With the string "captures" as the filter, copy each matching line from the records.

[Saved data entries]
Content starts

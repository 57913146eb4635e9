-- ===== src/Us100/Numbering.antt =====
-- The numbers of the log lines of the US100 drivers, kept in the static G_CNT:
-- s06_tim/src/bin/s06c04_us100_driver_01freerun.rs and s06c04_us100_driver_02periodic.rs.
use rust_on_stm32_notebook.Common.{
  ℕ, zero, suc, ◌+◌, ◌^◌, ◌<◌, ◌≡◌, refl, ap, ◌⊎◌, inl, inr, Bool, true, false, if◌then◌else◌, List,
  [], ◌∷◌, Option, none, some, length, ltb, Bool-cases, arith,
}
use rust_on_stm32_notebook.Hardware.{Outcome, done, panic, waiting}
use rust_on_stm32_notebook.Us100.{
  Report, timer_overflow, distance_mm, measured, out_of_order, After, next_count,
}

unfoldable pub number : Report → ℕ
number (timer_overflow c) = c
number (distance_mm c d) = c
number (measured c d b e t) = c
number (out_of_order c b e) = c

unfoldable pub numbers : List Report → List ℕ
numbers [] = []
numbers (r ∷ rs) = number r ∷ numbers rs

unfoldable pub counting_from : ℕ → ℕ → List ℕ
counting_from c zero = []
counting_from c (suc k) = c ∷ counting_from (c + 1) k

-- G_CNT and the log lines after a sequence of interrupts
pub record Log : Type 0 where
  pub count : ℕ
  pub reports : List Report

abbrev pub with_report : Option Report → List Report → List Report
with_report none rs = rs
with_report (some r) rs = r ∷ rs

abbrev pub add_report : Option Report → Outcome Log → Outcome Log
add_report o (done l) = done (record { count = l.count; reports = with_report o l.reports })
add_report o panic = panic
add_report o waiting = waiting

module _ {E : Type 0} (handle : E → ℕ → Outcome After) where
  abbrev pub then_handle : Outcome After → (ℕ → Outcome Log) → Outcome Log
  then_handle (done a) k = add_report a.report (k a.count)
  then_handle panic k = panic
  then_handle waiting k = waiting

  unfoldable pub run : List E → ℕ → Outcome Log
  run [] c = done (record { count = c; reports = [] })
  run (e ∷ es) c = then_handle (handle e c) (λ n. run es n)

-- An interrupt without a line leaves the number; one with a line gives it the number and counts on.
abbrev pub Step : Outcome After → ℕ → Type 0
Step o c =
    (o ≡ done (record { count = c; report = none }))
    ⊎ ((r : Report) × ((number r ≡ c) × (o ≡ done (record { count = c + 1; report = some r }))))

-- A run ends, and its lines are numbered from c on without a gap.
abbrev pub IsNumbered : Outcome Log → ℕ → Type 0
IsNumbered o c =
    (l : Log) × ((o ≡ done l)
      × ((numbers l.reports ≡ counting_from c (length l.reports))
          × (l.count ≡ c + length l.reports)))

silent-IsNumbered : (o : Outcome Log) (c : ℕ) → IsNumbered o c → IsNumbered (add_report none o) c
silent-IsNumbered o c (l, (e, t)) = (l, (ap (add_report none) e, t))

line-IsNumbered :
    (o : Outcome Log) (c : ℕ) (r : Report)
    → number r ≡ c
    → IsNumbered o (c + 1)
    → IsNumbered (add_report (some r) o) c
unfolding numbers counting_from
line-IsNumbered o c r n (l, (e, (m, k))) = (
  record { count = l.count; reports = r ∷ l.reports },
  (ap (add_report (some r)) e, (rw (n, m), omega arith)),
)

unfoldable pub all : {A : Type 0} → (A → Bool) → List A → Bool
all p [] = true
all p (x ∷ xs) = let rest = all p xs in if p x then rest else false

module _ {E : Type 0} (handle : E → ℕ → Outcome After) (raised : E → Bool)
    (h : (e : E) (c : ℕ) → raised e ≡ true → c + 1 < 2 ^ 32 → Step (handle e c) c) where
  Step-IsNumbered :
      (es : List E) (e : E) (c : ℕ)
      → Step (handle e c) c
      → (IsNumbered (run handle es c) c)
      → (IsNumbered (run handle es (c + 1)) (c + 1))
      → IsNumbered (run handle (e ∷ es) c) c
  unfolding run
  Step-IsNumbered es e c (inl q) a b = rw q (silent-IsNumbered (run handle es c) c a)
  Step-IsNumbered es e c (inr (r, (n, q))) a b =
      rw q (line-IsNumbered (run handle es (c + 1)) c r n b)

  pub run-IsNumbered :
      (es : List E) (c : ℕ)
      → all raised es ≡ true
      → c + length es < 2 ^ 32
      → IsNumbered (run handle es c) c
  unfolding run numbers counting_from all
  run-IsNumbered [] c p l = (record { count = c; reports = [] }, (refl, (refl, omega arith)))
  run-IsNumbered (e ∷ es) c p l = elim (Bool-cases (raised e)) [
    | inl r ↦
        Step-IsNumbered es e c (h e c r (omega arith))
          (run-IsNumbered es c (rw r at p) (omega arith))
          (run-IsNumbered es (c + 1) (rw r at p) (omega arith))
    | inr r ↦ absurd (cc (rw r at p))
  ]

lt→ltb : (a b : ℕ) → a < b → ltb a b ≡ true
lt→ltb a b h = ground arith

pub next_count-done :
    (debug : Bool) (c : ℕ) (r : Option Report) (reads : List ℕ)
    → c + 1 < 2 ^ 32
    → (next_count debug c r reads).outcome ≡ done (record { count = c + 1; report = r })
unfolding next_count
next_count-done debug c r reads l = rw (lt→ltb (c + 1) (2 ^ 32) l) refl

Content ends
Content starts

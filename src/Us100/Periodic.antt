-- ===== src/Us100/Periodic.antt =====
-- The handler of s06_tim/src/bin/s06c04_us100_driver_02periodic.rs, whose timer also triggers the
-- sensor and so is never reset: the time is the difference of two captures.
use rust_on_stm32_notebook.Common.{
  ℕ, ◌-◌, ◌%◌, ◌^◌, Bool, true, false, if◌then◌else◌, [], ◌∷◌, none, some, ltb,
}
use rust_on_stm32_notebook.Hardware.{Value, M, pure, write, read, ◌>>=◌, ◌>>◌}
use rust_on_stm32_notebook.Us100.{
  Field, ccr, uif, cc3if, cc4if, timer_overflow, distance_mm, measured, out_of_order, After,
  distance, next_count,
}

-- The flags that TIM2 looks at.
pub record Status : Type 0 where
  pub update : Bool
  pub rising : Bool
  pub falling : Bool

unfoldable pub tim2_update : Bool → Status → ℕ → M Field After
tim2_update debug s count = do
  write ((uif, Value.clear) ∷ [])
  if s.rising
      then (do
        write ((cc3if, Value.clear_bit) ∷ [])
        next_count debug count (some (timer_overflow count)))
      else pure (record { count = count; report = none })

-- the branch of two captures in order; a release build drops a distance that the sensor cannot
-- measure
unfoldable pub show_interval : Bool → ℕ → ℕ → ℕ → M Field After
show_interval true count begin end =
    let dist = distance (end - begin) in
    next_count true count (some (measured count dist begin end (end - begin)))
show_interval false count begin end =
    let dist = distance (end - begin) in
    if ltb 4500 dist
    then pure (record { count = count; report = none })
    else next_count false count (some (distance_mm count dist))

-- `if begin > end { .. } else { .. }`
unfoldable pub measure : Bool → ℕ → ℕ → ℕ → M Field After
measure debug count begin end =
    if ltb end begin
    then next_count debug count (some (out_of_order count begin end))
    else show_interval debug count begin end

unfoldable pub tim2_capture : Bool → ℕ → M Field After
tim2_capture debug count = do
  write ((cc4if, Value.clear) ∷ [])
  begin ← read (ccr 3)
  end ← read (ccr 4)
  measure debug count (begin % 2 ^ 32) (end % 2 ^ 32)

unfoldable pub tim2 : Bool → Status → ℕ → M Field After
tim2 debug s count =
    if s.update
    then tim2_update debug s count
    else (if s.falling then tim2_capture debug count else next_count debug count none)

Content ends

YOUR RESPONSE -
-- sensor and so is never reset: the time is the difference of two captures.
-- the branch of two captures in order; a release build drops a distance that the sensor cannot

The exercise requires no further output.